Ralph isn’t someone who gets his nose out of joint easily, but this time he did sound miffed.
“Sorry,” I said. “Mel and I have been caught up in a situation that’s just now settling down.”
“So did you tell her-about the nun thing?”
“No,” I said. “I didn’t have a chance. Why don’t you?”
The look on Mel’s face was thoughtful as she finished the call and handed me back my phone. “Two unidentified nuns,” she said. “That pretty well spells it out. Richard Matthews’s murder and Juan Carlos Escobar’s have to be related.”
“Not two unidentified nuns,” I told her. “Three.”
“Three,” she said. “What are you talking about?”
“LaShawn Tompkins. Shortly before he was gunned down at his mother’s front door an unidentified nun was seen lurking in the neighborhood. She was seen, but no one’s been able to find any trace of her. Initially I thought she was an eyewitness, but maybe now…”
“A nun who goes around shooting people or running them down?” Mel asked. “That’s ridiculous.”

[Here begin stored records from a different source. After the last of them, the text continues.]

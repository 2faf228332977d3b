-- ===== src/Gateway/Wake/Samples.antt =====
-- The boot durations that the gateway keeps, and the estimate that it takes from them.
use hogs.Prelude.{
  ℕ, suc, ◌+◌, ◌-◌, ◌*◌, ◌/◌, ◌≤◌, ◌<◌, some, List, [], ◌∷◌, eqb, length, ◌≡◌, refl, ap, ◌∙◌, arith,
  Bool-cases, inl, inr,
}
use hogs.Gateway.Wake.{
  Settings, Gateway, drop, trim, insert_sorted, sort, get_elem?, estimated_boot_locked,
}

length-drop : (n : ℕ) (xs : List ℕ) → length (drop n xs) ≡ length xs - n
unfolding drop
length-drop n [] = omega arith
length-drop n (x ∷ xs) = ground (arith, length-drop (n - 1) xs)

pub length-trim : (xs : List ℕ) → length (trim xs) ≤ 20
unfolding trim
length-trim xs = ground (arith, length-drop (length xs - 20) xs)

length-insert_sorted : (x : ℕ) (ys : List ℕ) → length (insert_sorted x ys) ≡ suc (length ys)
unfolding insert_sorted
length-insert_sorted x [] = refl
length-insert_sorted x (y ∷ ys) = ground (arith, length-insert_sorted x ys)

length-sort : (xs : List ℕ) → length (sort xs) ≡ length xs
unfolding sort
length-sort [] = refl
length-sort (x ∷ xs) = length-insert_sorted x (sort xs) ∙ ap suc (length-sort xs)

get_elem?-some : (xs : List ℕ) (n : ℕ) → n < length xs → (x : ℕ) × (get_elem? xs n ≡ some x)
unfolding get_elem?
get_elem?-some [] n h = absurd (omega arith)
get_elem?-some (x ∷ xs) n h = elim (Bool-cases (eqb n 0)) [
  | inl e ↦ (x, rw e refl)
  | inr e ↦ let (y, k) = get_elem?-some xs (n - 1) (ground arith) in (y, rw e k)
]

-- The estimate of the boot duration is always there: the index into the sorted durations is in
-- range, however many there are.
pub estimated_boot_locked-total :
    (s : Settings) (g : Gateway) → (d : ℕ) × (estimated_boot_locked s g ≡ some d)
unfolding estimated_boot_locked
estimated_boot_locked-total s g = elim (Bool-cases (eqb (length g.boot_durations) 0)) [
  | inl e ↦ (s.default_boot, rw e refl)
  | inr e ↦
      let k : (3 * length g.boot_durations + 3) / 4 - 1 < length (sort g.boot_durations) =
        ground (arith, length-sort g.boot_durations) in
      let (d, h) = get_elem?-some (sort g.boot_durations) _ k in (d, rw e h)
]
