-- ===== src/Gateway/Wake/Tasks.antt =====
-- The gateway with the tasks that it starts: `requestWake`, `refreshState` and
-- `newMinecraftGateway` start one each, and each ends in one of the outcomes of `requestWake` and
-- `awaitReadiness`. The mutex makes each step whole.
use hogs.Prelude.{
  ℕ, suc, ◌+◌, ◌-◌, ◌≤◌, ◌<◌, Bool, true, false, ◌||◌, Option, none, some, List, [], ◌∷◌, String,
  length, ltb, if◌then◌else◌, ◌≡◌, refl, sym, ◌∙◌, arith, Bool-cases, Option-cases, ◌++◌, inl, inr,
}
use hogs.Gateway.Wake.{
  Settings, Gateway, is_cooling, request_wake, give_up, with_sample, become_ready, refresh_state,
  mark_ready_without_boot, mark_backend_unavailable, new_minecraft_gateway,
}
use hogs.Gateway.Wake.Samples.{length-trim}

-- The gateway, the number of running tasks, and the times of the wakes, the latest first.
pub record World : Type 0 where
  pub gateway : Gateway
  pub tasks : ℕ
  pub wakes : List ℕ

unfoldable pub counted : Bool → ℕ
counted b = if b then 1 else 0

unfoldable pub after_request : ℕ → World → Gateway × Bool → World
unfolding counted
after_request now w (g, started) = record {
  gateway = g;
  tasks = counted started + w.tasks;
  wakes = if started then now ∷ w.wakes else w.wakes;
}

unfoldable pub after_refresh : World → Gateway × Bool → World
unfolding counted
after_refresh w (g, started) = record w { gateway = g; tasks = counted started + w.tasks }

unfoldable pub opened : Bool → Bool → ℕ → List ℕ → Option ℕ → World
unfolding counted new_minecraft_gateway
opened answers active now durations last_ready =
    let made = new_minecraft_gateway answers active now durations last_ready in
    record { gateway = made.0; tasks = counted made.1; wakes = [] }

pub data Step (s : Settings) : World → World → Type 0 where
  wake : {w : World} (now : ℕ) → Step s w (after_request now w (request_wake s now w.gateway))
  refresh :
      {w : World} (answers active : Bool) (now : ℕ)
      → Step s w (after_refresh w (refresh_state answers active now w.gateway))
  dialed : {w : World} → Step s w (record w { gateway = mark_ready_without_boot w.gateway })
  unreachable :
      {w : World} (active : Bool)
      → Step s w (record w { gateway = mark_backend_unavailable active w.gateway })
  failed :
      {g : Gateway} {n : ℕ} {l : List ℕ} (message : String)
      → Step s
          (record { gateway = g; tasks = suc n; wakes = l })
          (record { gateway = give_up message g; tasks = n; wakes = l })
  succeeded :
      {g : Gateway} {n : ℕ} {l : List ℕ} (now : ℕ)
      → Step s
          (record { gateway = g; tasks = suc n; wakes = l })
          (record { gateway = become_ready now g; tasks = n; wakes = l })

pub data Reach (s : Settings) : World → World → Type 0 where
  done : {w : World} → Reach s w w
  more : {u v w : World} → Reach s u v → Step s v w → Reach s u w

-- Wakes at least a cooldown apart, and the latest of them.
unfoldable pub IsSpaced : Settings → List ℕ → Type 0
IsSpaced s [] = Unit
IsSpaced s (x ∷ []) = Unit
IsSpaced s (x ∷ y ∷ ys) = (y + s.wake_cooldown ≤ x) × IsSpaced s (y ∷ ys)

unfoldable pub latest : List ℕ → Option ℕ
latest [] = none
latest (x ∷ xs) = some x

pub record IsSound (s : Settings) (w : World) : Type 0 where
  -- A task runs exactly while a start is in flight, and never two.
  pub one_task : w.tasks ≡ counted w.gateway.start_in_flight
  pub samples : length w.gateway.boot_durations ≤ 20
  pub spaced : IsSpaced s w.wakes
  pub last : w.gateway.last_wake_at ≡ latest w.wakes
  pub triggered : w.gateway.wake_triggered ≡ length w.wakes

cooling_since :
    (s : Settings) (g : Gateway) (now x : ℕ)
    → g.last_wake_at ≡ some x
    → is_cooling s g now ≡ ltb (now - x) s.wake_cooldown
unfolding is_cooling
cooling_since s g now x e = rw e refl

-- A wake at the end of the cooldown keeps the wakes apart.
IsSpaced-more :
    (s : Settings) (g : Gateway) (now : ℕ) (l : List ℕ)
    → is_cooling s g now ≡ false
    → g.last_wake_at ≡ latest l
    → 0 < s.wake_cooldown
    → IsSpaced s l
    → IsSpaced s (now ∷ l)
unfolding is_cooling latest IsSpaced
IsSpaced-more s g now [] h e p i = tt
IsSpaced-more s g now (x ∷ l) h e p i =
    let k = sym (cooling_since s g now x e) ∙ h in (ground (arith, k), i)

request_wake-idle :
    (s : Settings) (now : ℕ) (g : Gateway)
    → (g.start_in_flight || is_cooling s g now) ≡ true
    → request_wake s now g ≡ (g, false)
unfolding request_wake
request_wake-idle s now g e = rw e refl

request-IsSound :
    (s : Settings) (now : ℕ) (w : World)
    → 0 < s.wake_cooldown
    → IsSound s w
    → IsSound s (after_request now w (request_wake s now w.gateway))
unfolding request_wake after_request latest
request-IsSound s now w p i =
    elim (Bool-cases (w.gateway.start_in_flight || is_cooling s w.gateway now)) [
      | inl e ↦ rw (request_wake-idle s now w.gateway e) (record {
        one_task = omega (arith, i.one_task);
        samples = i.samples;
        spaced = i.spaced;
        last = i.last;
        triggered = i.triggered;
      })
      | inr e ↦
          let idle : w.gateway.start_in_flight ≡ false = ground (arith, e) in
          let rested : is_cooling s w.gateway now ≡ false = ground (arith, e) in
          rw e (record {
            one_task = ground (arith, idle, i.one_task);
            samples = i.samples;
            spaced = IsSpaced-more s w.gateway now w.wakes rested i.last p i.spaced;
            last = refl;
            triggered = ground (arith, i.triggered);
          })
    ]

refresh_state-task :
    (answers active : Bool) (now : ℕ) (g : Gateway)
    → counted (refresh_state answers active now g).1 + counted g.start_in_flight
      ≡ counted (refresh_state answers active now g).0.start_in_flight
unfolding refresh_state counted
refresh_state-task answers active now g = ground arith

refresh_state-kept :
    (answers active : Bool) (now : ℕ) (g : Gateway)
    → ((refresh_state answers active now g).0.boot_durations ≡ g.boot_durations)
      × ((refresh_state answers active now g).0.last_wake_at ≡ g.last_wake_at)
      × ((refresh_state answers active now g).0.wake_triggered ≡ g.wake_triggered)
unfolding refresh_state
refresh_state-kept answers active now g = ground arith

refresh-IsSound :
    (s : Settings) (answers active : Bool) (now : ℕ) (w : World)
    → IsSound s w
    → IsSound s (after_refresh w (refresh_state answers active now w.gateway))
unfolding refresh_state after_refresh
refresh-IsSound s answers active now w i = record {
  one_task = rw i.one_task (refresh_state-task answers active now w.gateway);
  samples = rw (refresh_state-kept answers active now w.gateway).0 i.samples;
  spaced = i.spaced;
  last = (refresh_state-kept answers active now w.gateway).1 ∙ i.last;
  triggered = (refresh_state-kept answers active now w.gateway).2 ∙ i.triggered;
}

unreachable-IsSound :
    (s : Settings) (active : Bool) (w : World)
    → IsSound s w
    → IsSound s (record w { gateway = mark_backend_unavailable active w.gateway })
unfolding mark_backend_unavailable
unreachable-IsSound s active w i = record {
  one_task = ground (arith, i.one_task);
  samples = ground (arith, i.samples);
  spaced = i.spaced;
  last = ground (arith, i.last);
  triggered = ground (arith, i.triggered);
}

length-with_sample :
    (now : ℕ) (g : Gateway) → length g.boot_durations ≤ 20 → length (with_sample now g) ≤ 20
unfolding with_sample
length-with_sample now g h = elim (Option-cases g.boot_started_at) [
  | inl e ↦ rw e h
  | inr (started, e) ↦
      let t = length-trim (g.boot_durations ++ (now - started) ∷ []) in rw e (ground (arith, t))
]

step-IsSound :
    (s : Settings) {v w : World} → 0 < s.wake_cooldown → Step s v w → IsSound s v → IsSound s w
unfolding give_up become_ready mark_ready_without_boot counted
step-IsSound s p (Step.wake {w} now) i = request-IsSound s now w p i
step-IsSound s p (Step.refresh {w} answers active now) i = refresh-IsSound s answers active now w i
step-IsSound s p (Step.dialed {w}) i = record {
  one_task = i.one_task;
  samples = i.samples;
  spaced = i.spaced;
  last = i.last;
  triggered = i.triggered;
}
step-IsSound s p (Step.unreachable {w} active) i = unreachable-IsSound s active w i
step-IsSound s p (Step.failed {g} message) i = record {
  one_task = ground (arith, i.one_task);
  samples = i.samples;
  spaced = i.spaced;
  last = i.last;
  triggered = i.triggered;
}
step-IsSound s p (Step.succeeded {g} now) i = record {
  one_task = ground (arith, i.one_task);
  samples = length-with_sample now g i.samples;
  spaced = i.spaced;
  last = i.last;
  triggered = i.triggered;
}

opened-IsSound :
    (s : Settings) (answers active : Bool) (now : ℕ) (durations : List ℕ) (last_ready : Option ℕ)
    → IsSound s (opened answers active now durations last_ready)
unfolding opened IsSpaced latest
opened-IsSound s true active now durations last_ready = record {
  one_task = refl;
  samples = length-trim durations;
  spaced = tt;
  last = refl;
  triggered = refl;
}
opened-IsSound s false true now durations last_ready = record {
  one_task = refl;
  samples = length-trim durations;
  spaced = tt;
  last = refl;
  triggered = refl;
}
opened-IsSound s false false now durations last_ready = record {
  one_task = refl;
  samples = length-trim durations;
  spaced = tt;
  last = refl;
  triggered = refl;
}

-- Whatever a gateway is asked and however its starts end, it has a start in flight exactly while
-- one start task runs and never runs two, keeps at most 20 boot durations, and its wakes lie at
-- least the cooldown apart and are as many as it counted, for a cooldown above 0.
pub Reach-IsSound :
    (s : Settings) (answers active : Bool) (now : ℕ) (durations : List ℕ) (last_ready : Option ℕ)
    {w : World}
    → 0 < s.wake_cooldown
    → Reach s (opened answers active now durations last_ready) w
    → IsSound s w
Reach-IsSound s answers active now durations last_ready p r = go r
  where
    go : {w : World} → Reach s (opened answers active now durations last_ready) w → IsSound s w
    go Reach.done = opened-IsSound s answers active now durations last_ready
    go (Reach.more h k) = step-IsSound s p k (go h)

But I’m older than Mel Soames, and maybe I’m more cynical. Not only that, I’ve met enough religious nutcases that the idea of an unhinged nun didn’t sound at all beyond the realm of possibility.
“It makes no sense,” Mel insisted.
“It’s still a possibility,” I told her. “And even if it’s a long shot, with both you and Destry Hennessey involved, we’d better give Ross Connors a heads-up on this, too.”
She nodded. When Ross didn’t answer his cell I called his office, only to be told he was locked up in a series of meetings. When those ended, he was scheduled to speak at a dinner meeting in Tacoma. I had to summon a full dose of blarney before I was able to wheedle the location of said meeting out of his secretary, but with Mel’s Sea-Tac performance as inspiration, I hung in there until I finally had the name of the restaurant-Stanley Seaforts.